Craigers, when Moses brought the Commandments to his people, he found them not living according to God's wishes, and they were punished as a result by having the Kingdom of Israel put out of their reach for a time.

I ask myself, "Given that Israel has acted with arrogance in the Middle East, that they have executed, assassinated, and tortured those in disagreement with them, that they have bombed refugee camps (killing children and innocents along with 'suspected terrorists'), that they have justified all these actions by saying that they're God's chosen, is it perhaps possible that they are currently being prevented from realizing the dream of Israel because of those actions which deny the Scripture that says that vengeance belongs to the Lord and demands that they trust in Him even when they don't see reason to and Sharon's decision to act with more national humility is actually one made with an eye towards the very worthy path of humbling oneself before one's God, and not arrogantly demanding that the rest of the world give way to you because you are God's Chosen?"

The promise of the Kingdom of Israel has been used in the last fifty years to justify horrible things being done by Israel and other world nations.
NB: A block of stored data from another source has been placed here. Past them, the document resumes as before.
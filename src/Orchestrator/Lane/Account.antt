-- ===== src/Orchestrator/Lane/Account.antt =====
-- crates/engine/src/orchestrator/mod.rs: what lane one makes of each of its items.
use alac_bot.Prelude.{
  ℕ, ◌+◌, ◌≡◌, refl, Bool, true, false, Option, none, some, List, [], ◌∷◌, ◌++◌, if◌then◌else◌,
  arith, count, count-append, append-nil, ◌⊎◌, All, Bool-cases, inl, inr,
}
use alac_bot.Prelude.Text.{Text}
use alac_bot.Ripper.Error.{RipError, RipResult, ok, err}
use alac_bot.Ripper.{TrackRipResult}
use alac_bot.Orchestrator.Lane.{
  Rendition, primary, atmos, CachedTrack, PipelineItem, OrderedSlot, cached_slot, fresh,
  finished_slot, FailedTrack, LaneState, Rip, LaneTurn, LaneStep, slot, no_slot, lane_ends, slot_of,
  step_of, after_step, run_lane_one, rip_fresh_item, after_rip, rip_failed, rip_unstreamable,
  is_unstreamable, is_unavailable_rendition,
}

-- The ids of the primary tracks among the items, the slots and the failures.
abbrev pub primary_id : Rendition → ℕ → List ℕ
primary_id primary id = id ∷ []
primary_id atmos id = []

abbrev pub item_ids : List (PipelineItem × LaneTurn) → List ℕ
item_ids [] = []
item_ids ((item, turn) ∷ items) = primary_id item.rendition item.track_id ++ item_ids items

abbrev pub slot_ids : List OrderedSlot → List ℕ
slot_ids [] = []
slot_ids (cached_slot item cached ∷ slots) =
    primary_id item.rendition item.track_id ++ slot_ids slots
slot_ids (fresh r ∷ slots) = primary_id r.rendition r.track_id ++ slot_ids slots
slot_ids (finished_slot ∷ slots) = slot_ids slots

abbrev pub failed_ids : List FailedTrack → List ℕ
failed_ids [] = []
failed_ids (f ∷ failures) = f.id ∷ failed_ids failures

failed_ids-append : (a b : List FailedTrack) → failed_ids (a ++ b) ≡ failed_ids a ++ failed_ids b
failed_ids-append [] b = refl
failed_ids-append (f ∷ a) b = rw (failed_ids-append a b) refl

step_ids : LaneStep → List ℕ
step_ids (slot x) = slot_ids (x ∷ [])
step_ids no_slot = []
step_ids lane_ends = []

-- A turn in which nothing is cancelled, and a slot that there is is sent.
abbrev pub IsUncut : LaneTurn → Type 0
IsUncut t =
    (t.cancelled_at_head ≡ false)
    × (t.rip.cancelled_first ≡ false)
    × (t.rip.cancelled_after ≡ false)
    × (t.sent ≡ true)

-- What becomes of one item: it goes on or it has failed, if it is a primary one.
abbrev IsAccounted : ℕ → PipelineItem → LaneStep → LaneState → LaneState → Type 0
IsAccounted n item lane_ends s t = ⊥
IsAccounted n item x s t =
    count n (step_ids x) + count n (failed_ids t.failed_tracks)
    ≡ count n (primary_id item.rendition item.track_id) + count n (failed_ids s.failed_tracks)

failed_once :
    (n : ℕ) (failures : List FailedTrack) (f : FailedTrack)
    → count n (failed_ids (failures ++ (f ∷ [])))
      ≡ count n (f.id ∷ []) + count n (failed_ids failures)
failed_once n failures f =
    rw (failed_ids-append failures (f ∷ []))
      (omega (arith, count-append n (failed_ids failures) (f.id ∷ [])))

Rendition-cases : (r : Rendition) → (r ≡ primary) ⊎ (r ≡ atmos)
Rendition-cases primary = inl refl
Rendition-cases atmos = inr refl

rip_failed-IsAccounted :
    (n : ℕ) (item : PipelineItem) (e : RipError) (s : LaneState)
    → count n (failed_ids (rip_failed item e s).failed_tracks)
      ≡ count n (primary_id item.rendition item.track_id) + count n (failed_ids s.failed_tracks)
unfolding rip_failed
rip_failed-IsAccounted n item e s = elim (Rendition-cases item.rendition) [
  | inl h ↦ rw h (failed_once n s.failed_tracks _)
  | inr h ↦ rw h (quiet (is_unavailable_rendition e) s _ refl)
]
  where
    quiet :
        (b : Bool) (x y : LaneState)
        → y.failed_tracks ≡ x.failed_tracks
        → count n (failed_ids (if b then x else y).failed_tracks)
          ≡ 0 + count n (failed_ids x.failed_tracks)
    quiet true x y q = omega arith
    quiet false x y q = rw q (omega arith)

rip_unstreamable-IsAccounted :
    (n : ℕ) (message : Text) (item : PipelineItem) (s : LaneState)
    → count n (failed_ids (rip_unstreamable message item s).failed_tracks)
      ≡ count n (primary_id item.rendition item.track_id) + count n (failed_ids s.failed_tracks)
unfolding rip_unstreamable
rip_unstreamable-IsAccounted n message item s = elim (Rendition-cases item.rendition) [
  | inl h ↦ rw h (failed_once n s.failed_tracks _)
  | inr h ↦ rw h (omega arith)
]

after_rip-IsAccounted :
    (n : ℕ) (item : PipelineItem) (r : RipResult TrackRipResult) (s : LaneState)
    → IsAccounted n item (step_of (after_rip item false r s).0) s (after_rip item false r s).1
unfolding after_rip step_ids
after_rip-IsAccounted n item (err e) s = omega (arith, rip_failed-IsAccounted n item e s)
after_rip-IsAccounted n item (ok result) s =
    rw (append-nil (primary_id item.rendition item.track_id)) refl

rip_fresh_item-IsAccounted :
    (n : ℕ) (message : Text) (item : PipelineItem) (r : Rip) (s : LaneState)
    → r.cancelled_first ≡ false
    → r.cancelled_after ≡ false
    → IsAccounted n item
        (step_of (rip_fresh_item message item r s).0)
        s
        (rip_fresh_item message item r s).1
unfolding rip_fresh_item step_ids
rip_fresh_item-IsAccounted n message item r s c d = elim (Bool-cases (is_unstreamable item)) [
  | inl h ↦ rw (c, h) (omega (arith, rip_unstreamable-IsAccounted n message item s))
  | inr h ↦ rw (c, h, d) (after_rip-IsAccounted n item r.result s)
]

slot_of-IsAccounted :
    (n : ℕ) (message : Text) (item : PipelineItem) (cached : Option CachedTrack) (r : Rip)
    (s : LaneState)
    → r.cancelled_first ≡ false
    → r.cancelled_after ≡ false
    → IsAccounted n item (slot_of message item cached r s).0 s (slot_of message item cached r s).1
unfolding slot_of step_ids
slot_of-IsAccounted n message item (some c) r s p q =
    rw (append-nil (primary_id item.rendition item.track_id)) refl
slot_of-IsAccounted n message item none r s p q = rip_fresh_item-IsAccounted n message item r s p q

count-slot_ids :
    (n : ℕ) (x : OrderedSlot) (slots : List OrderedSlot)
    → count n (slot_ids (x ∷ slots)) ≡ count n (slot_ids (x ∷ [])) + count n (slot_ids slots)
count-slot_ids n (cached_slot i c) slots =
    rw (append-nil (primary_id i.rendition i.track_id)) (count-append n _ (slot_ids slots))
count-slot_ids n (fresh r) slots =
    rw (append-nil (primary_id r.rendition r.track_id)) (count-append n _ (slot_ids slots))
count-slot_ids n finished_slot slots = omega arith

after_step-IsAccounted :
    (n : ℕ) (item : PipelineItem) (x : LaneStep) (s t : LaneState)
    (items : List (PipelineItem × LaneTurn)) (rest : LaneState → List OrderedSlot × LaneState)
    → IsAccounted n item x s t
    → count n (slot_ids (rest t).0) + count n (failed_ids (rest t).1.failed_tracks)
      ≡ count n (item_ids items) + count n (failed_ids t.failed_tracks)
    → count n (slot_ids (after_step x true t rest).0)
        + count n (failed_ids (after_step x true t rest).1.failed_tracks)
      ≡ count n (primary_id item.rendition item.track_id ++ item_ids items)
        + count n (failed_ids s.failed_tracks)
unfolding step_ids
after_step-IsAccounted n item (slot x) s t items rest h k = omega (
  arith,
  h,
  k,
  count-slot_ids n x (rest t).0,
  count-append n (primary_id item.rendition item.track_id) (item_ids items),
)
after_step-IsAccounted n item no_slot s t items rest h k =
    omega (arith, h, k, count-append n (primary_id item.rendition item.track_id) (item_ids items))
after_step-IsAccounted n item lane_ends s t items rest h k = absurd h

-- If nothing is cancelled and every slot is sent, each primary track of the items is either in a slot
-- or among the failures, as often as it stands among the items, and no failure is of another track.
pub run_lane_one-IsAccounted :
    (n : ℕ) (message : Text) (items : List (PipelineItem × LaneTurn)) (s : LaneState)
    → All (λ (x : PipelineItem × LaneTurn). IsUncut x.1) items
    → count n (slot_ids (run_lane_one message items s).0)
        + count n (failed_ids (run_lane_one message items s).1.failed_tracks)
      ≡ count n (item_ids items) + count n (failed_ids s.failed_tracks)
unfolding run_lane_one
run_lane_one-IsAccounted n message [] s h = omega arith
run_lane_one-IsAccounted n message ((item, turn) ∷ items) s ((a, b, c, d), h) =
    rw (a, d)
      (after_step-IsAccounted n item (slot_of message item item.cached turn.rip s).0 s
        (slot_of message item item.cached turn.rip s).1 items (λ t. run_lane_one message items t)
        (slot_of-IsAccounted n message item item.cached turn.rip s b c)
        (run_lane_one-IsAccounted n message items _ h))
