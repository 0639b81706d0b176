-- ===== src/Orchestrator/Storage.antt =====
-- crates/engine/src/orchestrator/mod.rs and deps/mod.rs: the calls of the track cache that are tried
-- again, `find_cached_tracks_with_retry` and `save_track_with_retry`. The two loops are one text, so
-- that they are one function of what the cache answers at each attempt. The delays are returned.
pub mod Attempts
use alac_bot.Prelude.{
  ℕ, zero, suc, ◌+◌, ◌*◌, ◌^◌, ◌-◌, Bool, true, false, ◌&&◌, Option, none, some, List, [], ◌∷◌, ltb,
  if◌then◌else◌, max, min,
}
use alac_bot.Prelude.Text.{Text}
use alac_bot.Prelude.Words.{saturating_mul}

pub record StorageRetryPolicy : Type 0 where
  pub total_attempts : ℕ
  pub base_delay_ms : ℕ

pub data TrackCacheOperation : Type 0 where
  find save delete : TrackCacheOperation

pub data TrackCacheError : Type 0 where
  unavailable failed : TrackCacheOperation → Text → TrackCacheError

pub data Reply {ℓ} (A : Type ℓ) : Type ℓ where
  value : A → Reply A
  error : TrackCacheError → Reply A

unfoldable pub delay_before_retry : StorageRetryPolicy → ℕ → ℕ
delay_before_retry policy retry_index = saturating_mul policy.base_delay_ms (2 ^ min retry_index 31)

abbrev pub is_unavailable {ℓ} : {A : Type ℓ} → Reply A → Bool
is_unavailable (value x) = false
is_unavailable (error (unavailable operation detail)) = true
is_unavailable (error (failed operation detail)) = false

abbrev pub attempts_of : StorageRetryPolicy → ℕ
attempts_of policy = max policy.total_attempts 1

abbrev pub after_delay {ℓ} :
    {A : Type ℓ} → ℕ → Option (Reply A × List ℕ) → Option (Reply A × List ℕ)
after_delay delay none = none
after_delay delay (some (reply, delays)) = some (reply, delay ∷ delays)

-- The loop, on fuel: `none` when it is used up.
unfoldable pub retry_loop {ℓ} :
    {A : Type ℓ} → StorageRetryPolicy → (ℕ → Reply A) → ℕ → ℕ → Option (Reply A × List ℕ)
unfolding delay_before_retry
retry_loop policy call zero attempt = none
retry_loop policy call (suc fuel) attempt =
    let rest = retry_loop policy call fuel (attempt + 1) in
    if is_unavailable (call attempt) && ltb (attempt + 1) (attempts_of policy)
    then after_delay (delay_before_retry policy attempt) rest
    else some (call attempt, [])

unfoldable pub find_cached_tracks_with_retry {ℓ} :
    {A : Type ℓ} → StorageRetryPolicy → (ℕ → Reply A) → Option (Reply A × List ℕ)
unfolding retry_loop
find_cached_tracks_with_retry policy call = retry_loop policy call (attempts_of policy) 0

unfoldable pub save_track_with_retry {ℓ} :
    {A : Type ℓ} → StorageRetryPolicy → (ℕ → Reply A) → Option (Reply A × List ℕ)
unfolding retry_loop
save_track_with_retry policy call = retry_loop policy call (attempts_of policy) 0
They say, "We're God's Chosen and these things are necessary because we say so," but I'm not so sure. I think that their self-proclamation as the chosen of God doesn't give them the right to break His laws.

Also, I was taught at an early age that the notion of the Kingdom of Israel was not that the chosen would have a little niche carved out in a sandy place for them of X dimensions, but that the Kingdom meant something much larger than a physical place, that it was not a metaphor to designate a specific nation but rather something larger.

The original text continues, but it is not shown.